As regards the appropriate interest rate for the Irish economy at this stage, all the indicators suggest that growth remains strong. As I have outlined on a number of occasions the rapid economic growth we have experienced is giving rise to some pressures. There have been very significant increases in the price of housing which remain a concern to the Government. There are also emerging skills shortages in the labour market which have led to some wage inflation, most notably in sectors such as construction and IT. These trends are being monitored closely given the importance of appropriate wage developments in supporting the economy's underlying competitiveness.
Given the economy's rapid growth, and the emerging pressures in the labour market, a period of more moderate growth would be welcome. In all probability, this latest reduction is likely to give some additional boost to already buoyant domestic demand.

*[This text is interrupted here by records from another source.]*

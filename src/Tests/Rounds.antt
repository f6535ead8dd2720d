-- ===== src/Tests/Rounds.antt =====
-- The server's loop over two queries that can be answered, and its log.
use personal_test_resolver.Common.{
  ◌↔◌, ℕ, Option, ◌≡◌, none, some, [], ◌∷◌, refl, true, List, length, Bytes, ◌++◌,
}
use personal_test_resolver.Tests.Packets.{
  memory, query, query_bytes, question, query_bytes-IsByte, parsed_query,
}
use personal_test_resolver.Tests.Domains.{
  loaded_file, is_loaded, small, file_text, file_system, normal,
}
use personal_test_resolver.Tests.Serving.{question_taken, net, config_for, listed, start}
use personal_test_resolver.Server.{
  Config, serve, Event, Setup, packet, failed, stopped, process_dns_query,
}
use personal_test_resolver.Server.Rounds.{Rounds, serve-Rounds}
use personal_test_resolver.Resolver.{World}
use personal_test_resolver.Console.{Console, text, argument}
use personal_test_resolver.Response.Fields.{error_bytes}
use personal_test_resolver.Server.Log.{Client, log, process_log, question_log, received_log}
use personal_test_resolver.Server.Told.{process_log-verdict, answer_told}
use personal_test_resolver.Resolver.Forwarded.{IsForwarded}
use personal_test_resolver.Server.Served.{IsQuery, serve_answers}
use personal_test_resolver.Message.Correct.{parse_dns_message-IsMessage}
use personal_test_resolver.Main.Policy.{AreExpected, serve-load_filter_file}
use personal_test_resolver.Filter.Loading.{entries}
use personal_test_resolver.Filter.File.{read_lines}
use personal_test_resolver.Server.Policy.{answer_or_servfail}

query_bytes-IsQuery : IsQuery query_bytes
query_bytes-IsQuery = record {
  query = query;
  question = question;
  size = 9;
  bytes = query_bytes-IsByte;
  message =
      (parse_dns_message-IsMessage query_bytes memory query query_bytes-IsByte refl).0 parsed_query;
  first = refl;
  takes = question_taken;
}

abbrev rounds : List Event
rounds =
    packet query_bytes net (λ r. some (length r))
    ∷ failed
    ∷ packet query_bytes net (λ r. none)
    ∷ stopped
    ∷ packet query_bytes net (λ r. none)
    ∷ []

serve_answers_example : length (serve (config_for listed) rounds start).0.sent ≡ 2
serve_answers_example =
    serve_answers (config_for listed) rounds start
      (query_bytes-IsQuery, (query_bytes-IsQuery, (query_bytes-IsQuery, tt))) refl

serve-Rounds_example :
    Rounds (config_for listed) rounds start (serve (config_for listed) rounds start).0
serve-Rounds_example = serve-Rounds (config_for listed) rounds start

abbrev ready : Setup
ready = record { socket_made = true; reuse_set = true; timeout_set = true; bound = true }

abbrev world : World
world = record { mem = memory; sockets = 0; lists = 0 }

-- 1.1:9, whichever packet it is
abbrev peer : ℕ → Client
peer n = record { address = b'1' ∷ b'.' ∷ b'1' ∷ []; port = 9 }

abbrev blank_console : Console
blank_console = record { out = []; err = [] }

abbrev loud : Config
loud = record (config_for listed) { verbose = true }

-- Nothing is blocked.
abbrev lenient : Config
lenient = record (config_for []) { verbose = true }

process_log-verdict_example :
    (answer : Option Bytes) × ((r : Bytes)
      → (answer ≡ some r) ↔ IsForwarded net query_bytes (b'8' ∷ b'.' ∷ b'8' ∷ []) r)
    × ((process_dns_query net lenient query_bytes start.world).0
        ≡ some (answer_or_servfail answer (error_bytes query.header 2 query_bytes 9)))
    × (process_log net lenient query_bytes start.world blank_console
        ≡ log lenient (answer_told answer) (
            log lenient
              (text "  Domain is allowed - forwarding to upstream "
                ∷ argument (b'8' ∷ b'.' ∷ b'8' ∷ [])
                ∷ [])
              (question_log lenient question (received_log lenient query blank_console))))
process_log-verdict_example =
    process_log-verdict net lenient (b'8' ∷ b'.' ∷ b'8' ∷ []) [] query_bytes start.world query
      question 9 normal blank_console
      (record {
        bytes = query_bytes-IsByte;
        plenty = refl;
        parses = parsed_query;
        first = refl;
        takes = question_taken;
      })
      (record { start = memory; plenty = refl; root = refl }) refl refl

serve-load_filter_file_example :
    (responses : List Bytes) × ((serve
        (record (config_for []) { filter_root = some small })
        rounds
        start).0.sent
      ≡ [] ++ responses)
    × AreExpected
        (b'8' ∷ b'.' ∷ b'8' ∷ [])
        (entries (read_lines [] file_text))
        rounds
        (query_bytes-IsQuery, (query_bytes-IsQuery, (query_bytes-IsQuery, tt)))
        responses
serve-load_filter_file_example =
    serve-load_filter_file file_system normal file_text memory loaded_file (config_for [])
      (b'8' ∷ b'.' ∷ b'8' ∷ []) rounds start
      (query_bytes-IsQuery, (query_bytes-IsQuery, (query_bytes-IsQuery, tt))) refl refl refl
      is_loaded refl
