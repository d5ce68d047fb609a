-- ===== src/Runtime/Text.antt =====
-- The text functions of the runtime (libs/runtime/src/kn_runtime.c, rt_memcmp to rt_str_index_of
-- and __kn_text_contains to __kn_text_join, but for what stands in Trim). `text` is what stands at a pointer before its NUL, the
-- empty text for a null pointer: its length is what rt_strlen gives, and no function reads behind
-- it. An offset is a number, and `s + i` is `drop i s`. `gc_alloc` says whether so many bytes can
-- be had. A function that makes a list
-- is what it adds to the list, for which there is memory. A loop has as many rounds as the text has bytes, and one for its end.
pub mod Matches
pub mod Replace
pub mod Results
pub mod Join
pub mod Find
pub mod Trim
use Prim.Native.Nat.{Ordering}
use kinal.CString.{c_string, head0, tail0}
use kinal.Prelude.{
  ℕ, zero, suc, ◌+◌, ◌-◌, ◌*◌, ◌%◌, ◌/◌, ◌^◌, Bool, true, false, ◌&&◌, ◌||◌, not, if◌then◌else◌,
  Option, none, some, List, [], ◌∷◌, ◌++◌, Bytes, length, get_or, take, drop, map, ltb, leb, ◌==◌,
  codes,
}
use kinal.Runtime.KnList.{KnAny, KnList}

unfoldable pub text : Option Bytes → Bytes
unfolding c_string
text none = []
text (some s) = c_string s

unfoldable pub rt_memcmp : Bytes → Bytes → ℕ → Ordering
rt_memcmp x y zero = Ordering.eq
rt_memcmp x y (suc n) =
    let rest = rt_memcmp (tail0 x) (tail0 y) n in
    if not (head0 x == head0 y)
    then (if ltb (head0 x) (head0 y) then Ordering.lt else Ordering.gt)
    else rest

-- Whether `sub` stands at offset `i`.
unfoldable pub is_at : Bytes → ℕ → Bytes → Bool
is_at s i sub = elim (rt_memcmp (drop i s) sub (length sub)) [ Ordering.eq ↦ true | _ ↦ false ]

-- The loop of `rt_str_index_of` and `rt_str_contains` from `i` on.
unfoldable pub find_loop : ℕ → Bytes → Bytes → ℕ → Option ℕ
find_loop zero s sub i = none
find_loop (suc n) s sub i =
    let rest = find_loop n s sub (i + 1) in
    if leb (i + length sub) (length s) then (if is_at s i sub then some i else rest) else none

-- `none` is -1.
unfoldable pub text_index_of : Option Bytes → Option Bytes → Option ℕ
text_index_of p q =
    let s = text p in
    let sub = text q in
    if length sub == 0
    then some 0
    else if ltb (length s) (length sub)
    then none
    else find_loop (length s + 1) s sub 0

unfoldable pub text_contains : Option Bytes → Option Bytes → Bool
text_contains p q =
    let s = text p in
    let sub = text q in
    if length sub == 0
    then true
    else if ltb (length s) (length sub)
    then false
    else elim (find_loop (length s + 1) s sub 0) [ none ↦ false | some i ↦ true ]

unfoldable pub text_starts_with : Option Bytes → Option Bytes → Bool
text_starts_with p q =
    let s = text p in
    let prefix = text q in if ltb (length s) (length prefix) then false else is_at s 0 prefix

unfoldable pub text_ends_with : Option Bytes → Option Bytes → Bool
text_ends_with p q =
    let s = text p in
    let suffix = text q in
    if ltb (length s) (length suffix) then false else is_at s (length s - length suffix) suffix

-- The search from the end: `i` is one more than the offset that is tried next.
unfoldable pub find_last : Bytes → Bytes → ℕ → Option ℕ
find_last s sub zero = none
find_last s sub (suc i) = let rest = find_last s sub i in if is_at s i sub then some i else rest

unfoldable pub text_last_index_of : Option Bytes → Option Bytes → Option ℕ
text_last_index_of p q =
    let s = text p in
    let sub = text q in
    if length sub == 0
    then some (length s)
    else if ltb (length s) (length sub)
    then none
    else find_last s sub (length s - length sub + 1)

-- The loop of `__kn_text_count`, which `__kn_text_replace` runs too.
unfoldable pub count_loop : ℕ → Bytes → Bytes → ℕ → ℕ
count_loop zero s sub i = 0
count_loop (suc n) s sub i =
    let matched = count_loop n s sub (i + length sub) + 1 in
    let rest = count_loop n s sub (i + 1) in
    if leb (i + length sub) (length s) then (if is_at s i sub then matched else rest) else 0

unfoldable pub text_count : Option Bytes → Option Bytes → ℕ
text_count p q =
    let s = text p in
    let sub = text q in
    if length sub == 0 || ltb (length s) (length sub) then 0 else count_loop (length s + 1) s sub 0

-- The second loop of `__kn_text_replace`: what it writes from `i` on.
unfoldable pub write_loop : ℕ → Bytes → Bytes → Bytes → ℕ → Bytes
write_loop zero s from to i = []
write_loop (suc n) s from to i =
    let replaced = to ++ write_loop n s from to (i + length from) in
    let kept = get_or s i 0 ∷ write_loop n s from to (i + 1) in
    if ltb i (length s)
    then (if leb (i + length from) (length s) && is_at s i from then replaced else kept)
    else []

-- The size of the result of `__kn_text_replace`; none where it would not fit 64 bits.
unfoldable pub replaced_length : ℕ → ℕ → ℕ → ℕ → Option ℕ
replaced_length sn fn tn matches =
    if leb fn tn
    then if not (tn - fn == 0) && ltb ((2 ^ 64 - 1 - sn) / (tn - fn)) matches
      then none
      else some (sn + matches * (tn - fn))
    else some (sn - matches * (fn - tn))

-- The text of an element of a list: `texts` reads what stands at an address.
unfoldable pub part : (ℕ → Option Bytes) → KnAny → Bytes
part texts x = if x.tag == 5 then text (texts x.payload) else codes "<any>"

-- What the loop of `__kn_text_join` writes behind the first part.
unfoldable pub join_rest : Bytes → List Bytes → Bytes
join_rest glue [] = []
join_rest glue (p ∷ ps) = glue ++ (p ++ join_rest glue ps)

unfoldable pub join_parts : Bytes → List Bytes → Bytes
join_parts glue [] = []
join_parts glue (p ∷ ps) = p ++ join_rest glue ps

-- Its first loop, the size of the result.
unfoldable pub join_length : ℕ → List Bytes → ℕ
join_length glue_len [] = 0
join_length glue_len (p ∷ []) = length p
join_length glue_len (p ∷ q ∷ ps) = length p + glue_len + join_length glue_len (q ∷ ps)

module _ (gc_alloc : ℕ → Bool) where
  unfoldable pub rt_strdup_gc : Bytes → Option Bytes
  rt_strdup_gc s = if gc_alloc ((length s + 1) % 2 ^ 64) then some s else none

  unfoldable pub rt_slice_gc : Bytes → ℕ → ℕ → Option Bytes
  rt_slice_gc s begin len =
      let n = length s in
      let b = if ltb n begin then n else begin in
      let l = if ltb n ((b + len) % 2 ^ 64) then n - b else len in
      if gc_alloc ((l + 1) % 2 ^ 64) then some (take l (drop b s)) else none

  -- The parts that `__kn_text_split` adds to its list from `i` on; `start` is where the part begins.
  unfoldable pub split_loop : ℕ → Bytes → Bytes → ℕ → ℕ → List (Option Bytes)
  split_loop zero s sep start i = []
  split_loop (suc n) s sep start i =
      let matched =
        rt_slice_gc s start (i - start) ∷ split_loop n s sep (i + length sep) (i + length sep) in
      let rest = split_loop n s sep start (i + 1) in
      if leb (i + length sep) (length s)
      then (if is_at s i sep then matched else rest)
      else rt_slice_gc s start (length s - start) ∷ []

  unfoldable pub text_split : Option Bytes → Option Bytes → List (Option Bytes)
  text_split p q =
      let s = text p in
      let sep = text q in
      if length sep == 0 then rt_strdup_gc s ∷ [] else split_loop (length s + 1) s sep 0 0

  unfoldable pub text_replace : Option Bytes → Option Bytes → Option Bytes → Option Bytes
  text_replace none q r = some []
  text_replace (some m) q r =
      let s = text (some m) in
      let from = text q in
      let to = text r in
      let matches = count_loop (length s + 1) s from 0 in
      if length from == 0
      then rt_strdup_gc s
      else if matches == 0
      then rt_strdup_gc s
      else elim (replaced_length (length s) (length from) (length to) matches) [
        | none ↦ some []
        | some out_len ↦
            if gc_alloc ((out_len + 1) % 2 ^ 64)
            then some (write_loop (length s + 1) s from to 0)
            else some []
      ]

  -- The parts of a list, one after another with the glue between them.
  unfoldable pub text_join : (ℕ → Option Bytes) → KnList → Option Bytes → Bytes
  text_join texts l q =
      let parts = map (part texts) (take l.count l.items) in
      let glue = text q in
      if gc_alloc ((join_length (length glue) parts + 1) % 2 ^ 64)
      then join_parts glue parts
      else []
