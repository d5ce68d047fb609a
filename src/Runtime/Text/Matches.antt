-- ===== src/Runtime/Text/Matches.antt =====
-- Where a text stands in another (libs/runtime/src/kn_runtime.c, rt_memcmp and the searches).
use Prim.Native.Nat.{Ordering}
use kinal.Prelude.{
  ℕ, zero, suc, ◌+◌, ◌≤◌, ◌<◌, Bool, true, false, [], ◌∷◌, ◌++◌, Bytes, length, get_or, take, drop,
  ◌==◌, ◌≡◌, refl, sym, ap, ◌∙◌, inl, inr, arith, Bool-cases, length-drop, take-append-drop,
}
use kinal.Runtime.Text.{rt_memcmp, is_at}

drop_nil : (n : ℕ) → drop {A = ℕ} n [] ≡ []
drop_nil zero = refl
drop_nil (suc n) = refl

pub drop-drop : (m n : ℕ) (s : Bytes) → drop n (drop m s) ≡ drop (m + n) s
drop-drop zero n s = ap (λ k. drop k s) (omega arith)
drop-drop (suc m) n [] = drop_nil n ∙ sym (drop_nil (suc m + n))
drop-drop (suc m) n (c ∷ s) =
    let e : suc m + n ≡ suc (m + n) = omega arith in
    drop-drop m n s ∙ sym (ap (λ k. drop k (c ∷ s)) e)

pub drop_next : (i : ℕ) (s : Bytes) → i < length s → drop i s ≡ get_or s i 0 ∷ drop (i + 1) s
drop_next i [] h = absurd (omega (arith, h))
drop_next zero (c ∷ s) h = refl
drop_next (suc i) (c ∷ s) h =
    let e : suc i + 1 ≡ suc (i + 1) = omega arith in
    drop_next i s (omega (arith, h)) ∙ ap (λ k. get_or s i 0 ∷ drop k (c ∷ s)) (sym e)

-- Texts whose first bytes compare equal begin alike, and the other way round.
rt_memcmp-take :
    (x y : Bytes)
    → length y ≤ length x
    → rt_memcmp x y (length y) ≡ Ordering.eq
    → take (length y) x ≡ y
unfolding rt_memcmp
rt_memcmp-take x [] h e = refl
rt_memcmp-take [] (d ∷ y) h e = absurd (omega (arith, h))
rt_memcmp-take (c ∷ x) (d ∷ y) h e = elim (Bool-cases (c == d)) [
  | inl q ↦
      let same : c ≡ d = ground (arith, q) in
      let rest = rt_memcmp-take x y (omega (arith, h)) (ground (arith, e, q)) in cc (same, rest)
  | inr q ↦ absurd (ground (arith, e, q))
]

rt_memcmp-append : (y r : Bytes) → rt_memcmp (y ++ r) y (length y) ≡ Ordering.eq
unfolding rt_memcmp
rt_memcmp-append [] r = refl
rt_memcmp-append (d ∷ y) r = ground (arith, rt_memcmp-append y r)

eq_test :
    (o : Ordering)
    → (elim o as (λ b. Bool) [ Ordering.eq ↦ true | _ ↦ false ]) ≡ true
    → o ≡ Ordering.eq
eq_test Ordering.lt h = cc
eq_test Ordering.eq h = refl
eq_test Ordering.gt h = cc

-- A match splits what stands at the offset.
pub is_at-drop :
    (s : Bytes) (i : ℕ) (sub : Bytes)
    → i + length sub ≤ length s
    → is_at s i sub ≡ true
    → drop i s ≡ sub ++ drop (i + length sub) s
unfolding is_at
is_at-drop s i sub h e =
    let room : length sub ≤ length (drop i s) = omega (arith, h, length-drop i s) in
    let begins = rt_memcmp-take (drop i s) sub room (eq_test _ e) in
    sym (take-append-drop (length sub) (drop i s))
    ∙ ap (λ t. t ++ drop (length sub) (drop i s)) begins
    ∙ ap (λ t. sub ++ t) (drop-drop i (length sub) s)

pub drop-is_at : (s : Bytes) (i : ℕ) (sub r : Bytes) → drop i s ≡ sub ++ r → is_at s i sub ≡ true
unfolding is_at
drop-is_at s i sub r e =
    let same : rt_memcmp (drop i s) sub (length sub) ≡ Ordering.eq =
      ap (λ t. rt_memcmp t sub (length sub)) e ∙ rt_memcmp-append sub r in
    rw (same, is_at) refl
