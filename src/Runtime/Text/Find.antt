-- ===== src/Runtime/Text/Find.antt =====
-- The search for a text in another (libs/runtime/src/kn_runtime.c, rt_str_index_of and
-- rt_str_contains).
use kinal.Prelude.{
  ℕ, zero, suc, ◌+◌, ◌-◌, ◌≤◌, ◌<◌, true, false, Option, none, some, [], ◌∷◌, ◌++◌, Bytes, length,
  drop, ltb, leb, ◌==◌, ◌≡◌, refl, sym, ap, inl, inr, arith, Bool-cases, length-append, length-drop,
  subst, ==_iff,
}
use kinal.Runtime.Text.{is_at, find_loop, text, text_index_of, text_contains}
use kinal.Runtime.Text.Matches.{is_at-drop, drop-is_at}

-- A text stands at an offset of another.
pub record Occurs (s sub : Bytes) (i : ℕ) : Type 0 where
  pub behind : Bytes
  pub splits : drop i s ≡ sub ++ behind
  pub within : i ≤ length s

-- The first offset from `i` on at which the text stands, if there is one.
pub data Found (s sub : Bytes) (i : ℕ) : Option ℕ → Type 0 where
  nowhere : ((j : ℕ) → i ≤ j → ¬ Occurs s sub j) → Found s sub i none
  first :
      (k : ℕ)
      → i ≤ k
      → Occurs s sub k
      → ((j : ℕ) → i ≤ j → j < k → ¬ Occurs s sub j)
      → Found s sub i (some k)

module _ (s sub : Bytes) where
  Occurs-is_at : (i : ℕ) → Occurs s sub i → (i + length sub ≤ length s) × (is_at s i sub ≡ true)
  Occurs-is_at i o = (
    omega
        (arith, length-drop i s, ap (λ t. length t) o.splits, length-append sub o.behind, o.within),
    drop-is_at s i sub o.behind o.splits,
  )

  is_at-Occurs : (i : ℕ) → i + length sub ≤ length s → is_at s i sub ≡ true → Occurs s sub i
  is_at-Occurs i h e = record {
    behind = drop (i + length sub) s;
    splits = is_at-drop s i sub h e;
    within = omega (arith, h);
  }

  later : (i : ℕ) → ¬ Occurs s sub i → (r : Option ℕ) → Found s sub (i + 1) r → Found s sub i r
  later i absent r (Found.nowhere h) = Found.nowhere (λ j le. elim (Bool-cases (i == j)) [
    | inl e ↦ subst (λ k. ¬ Occurs s sub k) ((==_iff i j).0 e) absent
    | inr n ↦ h j (ground (arith, le, n))
  ])
  later i absent r (Found.first k le o h) = Found.first k (omega (arith, le)) o (λ j lo hi.
      elim (Bool-cases (i == j)) [
        | inl e ↦ subst (λ k. ¬ Occurs s sub k) ((==_iff i j).0 e) absent
        | inr n ↦ h j (ground (arith, lo, n)) hi
      ])

  find_loop-Found :
      0 < length sub → (n i : ℕ) → length s - i < n → Found s sub i (find_loop n s sub i)
  unfolding find_loop
  find_loop-Found pos zero i h = absurd (omega (arith, h))
  find_loop-Found pos (suc n) i h = elim (Bool-cases (leb (i + length sub) (length s))) [
    | inl e ↦
        let fits : i + length sub ≤ length s = ground (arith, e) in
        elim (Bool-cases (is_at s i sub)) [
          | inl m ↦ rw e (
              rw m (
                Found.first i (omega arith) (is_at-Occurs i fits m)
                  (λ j lo hi. absurd (omega (arith, lo, hi)))))
          | inr m ↦
              let absent : ¬ Occurs s sub i = λ o. cc (m, (Occurs-is_at i o).1) in
              rw e (
                rw m (
                  later i absent (find_loop n s sub (i + 1))
                    (find_loop-Found pos n (i + 1) (omega (arith, h, fits, pos)))))
        ]
    | inr e ↦ rw e (Found.nowhere (λ j le o. absurd (ground (arith, e, le, (Occurs-is_at j o).0))))
  ]

length-zero : (t : Bytes) → length t ≡ 0 → t ≡ []
length-zero [] h = refl
length-zero (c ∷ t) h = absurd (omega (arith, h))

-- The index of a text in another is the first offset at which it stands, the empty text at the
-- front, and -1 where it stands nowhere; `contains` is whether there is one.
pub text_index_of-Found :
    (p q : Option Bytes)
    → Found (text p) (text q) 0 (text_index_of p q)
      × (text_contains p q ≡ elim (text_index_of p q) [ none ↦ false | some i ↦ true ])
unfolding text_index_of text_contains
text_index_of-Found p q = elim (Bool-cases (length (text q) == 0)) [
  | inl z ↦
      let empty : text q ≡ [] = length-zero (text q) (ground (arith, z)) in
      rw z (
        Found.first 0 (omega arith)
            (record {
              behind = text p;
              splits = sym (ap (λ t. t ++ text p) empty);
              within = omega arith;
            })
            (λ j lo hi. absurd (omega (arith, hi))),
        refl,
      )
  | inr z ↦ elim (Bool-cases (ltb (length (text p)) (length (text q)))) [
    | inl e ↦ rw z (
        rw e (
          Found.nowhere
              (λ j le o. absurd (ground (arith, e, (Occurs-is_at (text p) (text q) j o).0))),
          refl,
        ))
    | inr e ↦ rw z (
        rw e (
          find_loop-Found (text p) (text q) (ground (arith, z)) (length (text p) + 1) 0
              (omega arith),
          refl,
        ))
  ]
]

However, it should be noted that despite these concerns inflation remains low. As measured by the consumer price index, inflation was 1.4 per cent in the year to April. This represents a significant fall from the peak of 3.2 per cent in August last, although part of this fall is due to the impact of lower mortgage interest rates.
With Ireland's participation in EMU there is now a greater onus on both budgetary and incomes policy to support stable prices and non-inflationary growth. Keeping inflation low was one of the key objectives of the 1999 budget. While delivering on promised tax reductions and addressing social and infrastructural needs, the budget also forecast a further significant general Government surplus and a fall in the debt-GDP ratio. By running a significant surplus, the Government sought to avoid adding unduly to domestic demand. This prudent approach to budgetary policy should help to contain emerging price pressures.
Moderate pay increases are also essential if price stability is to be maintained. The next pay agreement faces a crucial challenge in maintaining competitiveness. This is a challenge for all of the social partners and represents a major element of Government policy.